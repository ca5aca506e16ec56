-- ===== src/Pipeline/Visits.antt =====
-- verifier/pipeline/evaluate.go: the walk of `liveAncestorsOf` from a node, which comes to its end on
-- fuel for the rank of the node.
use mathlib.Core.Option.{some-injective}
use zero_trust_service.Common.{
  ◌≡◌, refl, ◌∙◌, sym, ap, subst, inl, inr, ℕ, zero, suc, String, true, false, Option, none, some,
  List, [], ◌∷◌, ◌++◌, All, All-imp, Elem, Elem-append, arith, contains, contains_iff, Bool-cases,
}
use zero_trust_service.Pipeline.Grows.{Opened, Handled, Grows, Grows-refl, Grows-trans, Grows-see}
use zero_trust_service.Pipeline.Violations.{ConditionFunc, ConditionUnknownViolation}
use zero_trust_service.Pipeline.Graph.{GraphNode, Pointer, fqn_of, strategy_excluded}
use zero_trust_service.Pipeline.Climb.{preds}
use zero_trust_service.Pipeline.Descent.{preds-Below}
use zero_trust_service.Pipeline.Rank.{rank, Below}
use zero_trust_service.Pipeline.Skips.{Skip}
use zero_trust_service.Pipeline.Live.{
  Frontier, Visit, see, skip_of, visit_skipped, visit_new, visit_all, visit_node,
}
use zero_trust_service.Pipeline.Behind.{
  Dead, Runs, Unknown, Behind, over, skipped_sure, Dead-skipped, Dead-of_skipped, Runs-skip_iff,
}

only : {A : Type 0} (a b : A) → Elem b (a ∷ []) → a ≡ b
only a b h = elim h [ inl e ↦ e | inr no_more ↦ absurd no_more ]

module _ (quote : String → String) (cond : ConditionFunc) (root : GraphNode)
    (target : Pointer) where
  -- A visit that is right for each node below a rank.
  abbrev pub Visits : ℕ → Visit → Type 0
  Visits b visit =
      (p : Pointer)
      → Below root b p
      → ((q : Pointer) → Elem q (preds p) → Behind cond target q)
      → (st : Frontier)
      → (st' : Frontier) × (visit p st ≡ some st') × Grows quote cond target st st' × Opened st' p

  -- What becomes of a node that is seen first.
  abbrev pub Ends : Pointer → Frontier → Option Frontier → Type 0
  Ends p st r =
      (st' : Frontier) × (r ≡ some st')
      × Grows quote cond target st st'
      × Handled quote cond target st' p

  Grows-Unknown :
      (p : Pointer) (u : ConditionUnknownViolation) (st : Frontier)
      → Behind cond target p
      → Unknown quote cond p u
      → Grows quote cond target st (record st { unknowns = st.unknowns ++ u ∷ [] })
  Grows-Unknown p u st k known = record {
    seen_kept = λ x i. i;
    nodes_kept = λ q i. i;
    unknowns_kept = λ v i. (Elem-append v st.unknowns (u ∷ [])).1 (inl i);
    seen_handled = λ x i. inl i;
    nodes_new = λ q i. inl i;
    unknowns_new = λ v i. elim ((Elem-append v st.unknowns (u ∷ [])).0 i) [
      | inl old ↦ inl old
      | inr here ↦ inr (p, k, (known.0, known.1 ∙ ap some (only u v here)))
    ];
  }

  Grows-node :
      (p : Pointer) (st : Frontier)
      → Behind cond target p
      → Runs cond p
      → Grows quote cond target st (record st { nodes = st.nodes ++ p ∷ [] })
  Grows-node p st k runs = record {
    seen_kept = λ x i. i;
    nodes_kept = λ q i. (Elem-append q st.nodes (p ∷ [])).1 (inl i);
    unknowns_kept = λ v i. i;
    seen_handled = λ x i. inl i;
    nodes_new = λ q i. elim ((Elem-append q st.nodes (p ∷ [])).0 i) [
      | inl old ↦ inl old
      | inr here ↦ inr (subst (λ n. Behind cond target n × Runs cond n) (only p q here) (k, runs))
    ];
    unknowns_new = λ v i. inl i;
  }

  visit_skipped-Ends :
      (b : ℕ) (visit : Visit) (p : Pointer) (st : Frontier) (s : Skip)
      → Visits b visit
      → Below root b p
      → Behind cond target p
      → strategy_excluded p ≡ false
      → skip_of quote cond p ≡ s
      → Ends p st (visit_skipped quote cond visit p st s)
  unfolding visit_skipped
  visit_skipped-Ends b visit p st (skipped, some u) ok below k x e =
      let unknown : (skip_of quote cond p).1 ≡ some u = ap (λ (t : Skip). t.1) e in
      (
        record st { unknowns = st.unknowns ++ u ∷ [] },
        refl,
        Grows-Unknown p u st k (x, unknown),
        record {
          opened =
              λ d. absurd (let h = skipped_sure quote cond p (Dead-skipped quote cond p x d) in cc);
          retained = λ r. absurd (let h = ((Runs-skip_iff quote cond p).0 r).2 in cc);
          reported = λ v (_, known).
              (Elem-append v st.unknowns (u ∷ [])).1
                (inr (inl (some-injective _ _ (sym unknown ∙ known))));
        },
      )
  visit_skipped-Ends b visit p st (true, none) ok below k x e =
      let dead : Dead cond p = Dead-of_skipped quote cond p (ap (λ (t : Skip). t.0) e) in
      let (st', run, grows, opened) = ok p below (λ q i. over p q k dead i) st in
      (
        st',
        run,
        grows,
        record {
          opened = λ d. opened;
          retained = λ r. absurd (
              let h = ((Runs-skip_iff quote cond p).0 r).1 in
              let h' = ap (λ (t : Skip). t.0) e in cc);
          reported = λ v (_, known). absurd (let h = ap (λ (t : Skip). t.1) e in cc);
        },
      )
  visit_skipped-Ends b visit p st (false, none) ok below k x e =
      let runs : Runs cond p =
        (Runs-skip_iff quote cond p).1 (x, ap (λ (t : Skip). t.0) e, ap (λ (t : Skip). t.1) e) in
      (
        record st { nodes = st.nodes ++ p ∷ [] },
        refl,
        Grows-node p st k runs,
        record {
          opened = λ d.
              absurd
                (let h = Dead-skipped quote cond p x d in let h' = ap (λ (t : Skip). t.0) e in cc);
          retained = λ r. (Elem-append p st.nodes (p ∷ [])).1 (inr (inl refl));
          reported = λ v (_, known). absurd (let h = ap (λ (t : Skip). t.1) e in cc);
        },
      )

  visit_new-Ends :
      (b : ℕ) (visit : Visit) (p : Pointer) (st : Frontier)
      → Visits b visit
      → Below root b p
      → Behind cond target p
      → Ends p st (visit_new quote cond visit p st)
  unfolding visit_new
  visit_new-Ends b visit p st ok below k = elim (Bool-cases (strategy_excluded p)) [
    | inl x ↦
        let (st', run, grows, opened) = ok p below (λ q i. over p q k (inl x) i) st in
        (
          st',
          rw x run,
          grows,
          record {
            opened = λ d. opened;
            retained = λ (not_excluded, r). absurd (cc);
            reported = λ v (not_excluded, known). absurd (cc);
          },
        )
    | inr x ↦ rw x (visit_skipped-Ends b visit p st (skip_of quote cond p) ok below k x refl)
  ]

  -- The loop over predecessors.
  abbrev pub Done : List Pointer → Frontier → Option Frontier → Type 0
  Done ps st r =
      (st' : Frontier) × (r ≡ some st')
      × Grows quote cond target st st'
      × ((q : Pointer) → Elem q ps → Elem (fqn_of q) st'.seen)

  visit_all-Done :
      (b : ℕ) (visit : Visit) (ps : List Pointer) (st : Frontier)
      → Visits b visit
      → All (Below root b) ps
      → ((q : Pointer) → Elem q ps → Behind cond target q)
      → Done ps st (visit_all quote cond visit ps st)
  unfolding visit_all
  visit_all-Done b visit [] st ok below k =
      (st, refl, Grows-refl quote cond target st, λ q i. absurd i)
  visit_all-Done b visit (p ∷ ps) st ok (below, belows) k =
      elim (Bool-cases (contains (fqn_of p) st.seen)) [
        | inl old ↦
            let (st', run, grows, seen) =
              visit_all-Done b visit ps st ok belows (λ q i. k q (inr i)) in
            (
              st',
              rw old run,
              grows,
              λ q i. elim i [
                | inl e ↦
                    subst (λ n. Elem (fqn_of n) st'.seen) e
                      (grows.seen_kept _ ((contains_iff (fqn_of p) st.seen).0 old))
                | inr i' ↦ seen q i'
              ],
            )
        | inr new ↦
            let (st1, run1, grows1, handled) =
              visit_new-Ends b visit p (see p st) ok below (k p (inl refl)) in
            let (whole, seen1) =
              Grows-see quote cond target st st1 p (k p (inl refl)) grows1 handled in
            let (st', run, grows, seen) =
              visit_all-Done b visit ps st1 ok belows (λ q i. k q (inr i)) in
            (
              st',
              rw (new, run1) run,
              Grows-trans quote cond target st st1 st' whole grows,
              λ q i. elim i [
                | inl e ↦ subst (λ n. Elem (fqn_of n) st'.seen) e (grows.seen_kept _ seen1)
                | inr i' ↦ seen q i'
              ],
            )
      ]

  -- With fuel for its rank a node is visited to the end.
  pub visit_node-Visits : (fuel : ℕ) → Visits fuel (visit_node quote cond fuel)
  unfolding visit_node
  visit_node-Visits zero p (below, placed) k st = absurd (omega arith)
  visit_node-Visits (suc fuel) p (below, placed) k st =
      visit_all-Done fuel (visit_node quote cond fuel) (preds p) st (visit_node-Visits fuel)
        (All-imp (Below root (rank p)) (Below root fuel) (preds p) (λ q (r, pl). (omega arith, pl))
          (preds-Below root p placed))
        k
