-- ===== src/Pipeline/Frontier.antt =====
-- verifier/pipeline/evaluate.go: the walk of `liveAncestorsOf` against the nodes that stand behind a
-- step, which it finds all and within its fuel.
use zero_trust_service.Common.{◌≡◌, subst, ◌↔◌, inl, inr, suc, String, some, [], Elem, arith}
use zero_trust_service.Pipeline.Visits.{visit_node-Visits}
use zero_trust_service.Pipeline.Grows.{Opened, Handled, Grows}
use zero_trust_service.Pipeline.Violations.{ConditionFunc, ConditionUnknownViolation}
use zero_trust_service.Pipeline.Graph.{GraphNode, Pointer, fqn_of}
use zero_trust_service.Pipeline.Rank.{IsNode, rank}
use zero_trust_service.Pipeline.Live.{Frontier, frontier}
use zero_trust_service.Pipeline.Behind.{Runs, Unknown, Behind, direct, over}

-- No two of the nodes behind the step share an FQN.
abbrev pub Distinct : ConditionFunc → Pointer → Type 0
Distinct cond target =
    (p q : Pointer) → Behind cond target p → Behind cond target q → fqn_of p ≡ fqn_of q → p ≡ q

module _ (quote : String → String) (cond : ConditionFunc) (root : GraphNode)
    (target : Pointer) where
  abbrev empty_frontier : Frontier
  empty_frontier = record { nodes = []; unknowns = []; seen = [] }

  frontier_done :
      IsNode root target
      → (st : Frontier) × (frontier quote cond target ≡ some st)
        × Grows quote cond target empty_frontier st
        × Opened st target
  unfolding frontier
  frontier_done placed =
      visit_node-Visits quote cond root target (suc (rank target)) target (omega arith, placed)
        (λ q i. direct q i) empty_frontier

  -- The walk ends, and what it retains stands behind the step and runs.
  pub frontier_nodes :
      IsNode root target
      → (st : Frontier) × (frontier quote cond target ≡ some st)
        × ((p : Pointer) → Elem p st.nodes → Behind cond target p × Runs cond p)
  frontier_nodes placed =
      let (st, run, grows, opened) = frontier_done placed in
      (st, run, λ p i. elim (grows.nodes_new p i) [ inl old ↦ absurd old | inr new ↦ new ])

  module _ (st : Frontier) (unique : Distinct cond target)
      (grows : Grows quote cond target empty_frontier st) (opened : Opened st target) where
    Handled-seen :
        (p : Pointer)
        → Behind cond target p
        → Elem (fqn_of p) st.seen
        → Handled quote cond target st p
    Handled-seen p k i = elim (grows.seen_handled (fqn_of p) i) [
      | inl old ↦ absurd old
      | inr (q, k', e, h) ↦ subst (Handled quote cond target st) (unique q p k' k e) h
    ]

    all_seen : {p : Pointer} → Behind cond target p → Elem (fqn_of p) st.seen
    all_seen (direct p i) = opened p i
    all_seen (over p q k d i) = (Handled-seen p k (all_seen k)).opened d q i

    Handled-all : (p : Pointer) → Behind cond target p → Handled quote cond target st p
    Handled-all p k = Handled-seen p k (all_seen k)

  -- The walk finds exactly the nodes behind the step that run, and reports exactly the nodes behind
  -- it of which it is not known whether they run.
  pub frontier_iff :
      IsNode root target
      → Distinct cond target
      → (st : Frontier) × (frontier quote cond target ≡ some st)
        × ((p : Pointer) → Elem p st.nodes ↔ (Behind cond target p × Runs cond p))
        × ((u : ConditionUnknownViolation)
            → Elem u st.unknowns ↔ ((p : Pointer) × Behind cond target p × Unknown quote cond p u))
  frontier_iff placed unique =
      let (st, run, grows, opened) = frontier_done placed in
      (
        st,
        run,
        λ p. (
          λ i. elim (grows.nodes_new p i) [ inl old ↦ absurd old | inr new ↦ new ],
          λ (k, r). (Handled-all st unique grows opened p k).retained r,
        ),
        λ u. (
          λ i. elim (grows.unknowns_new u i) [ inl old ↦ absurd old | inr new ↦ new ],
          λ (p, k, known). (Handled-all st unique grows opened p k).reported u known,
        ),
      )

┄┄┄┄┄┄

▸ WORK REQUEST: Output, from the data above, the lines from the line with "(inr (inl (some-injective" to the line with "let dead : Dead" exactly as they stand, both ends included and nothing else.

▸ TASK ANSWER:
                (inr (inl (some-injective _ _ (sym unknown ∙ known))));
        },
      )
  visit_skipped-Ends b visit p st (true, none) ok below k x e =
      let dead : Dead cond p = Dead-of_skipped quote cond p (ap (λ (t : Skip). t.0) e) in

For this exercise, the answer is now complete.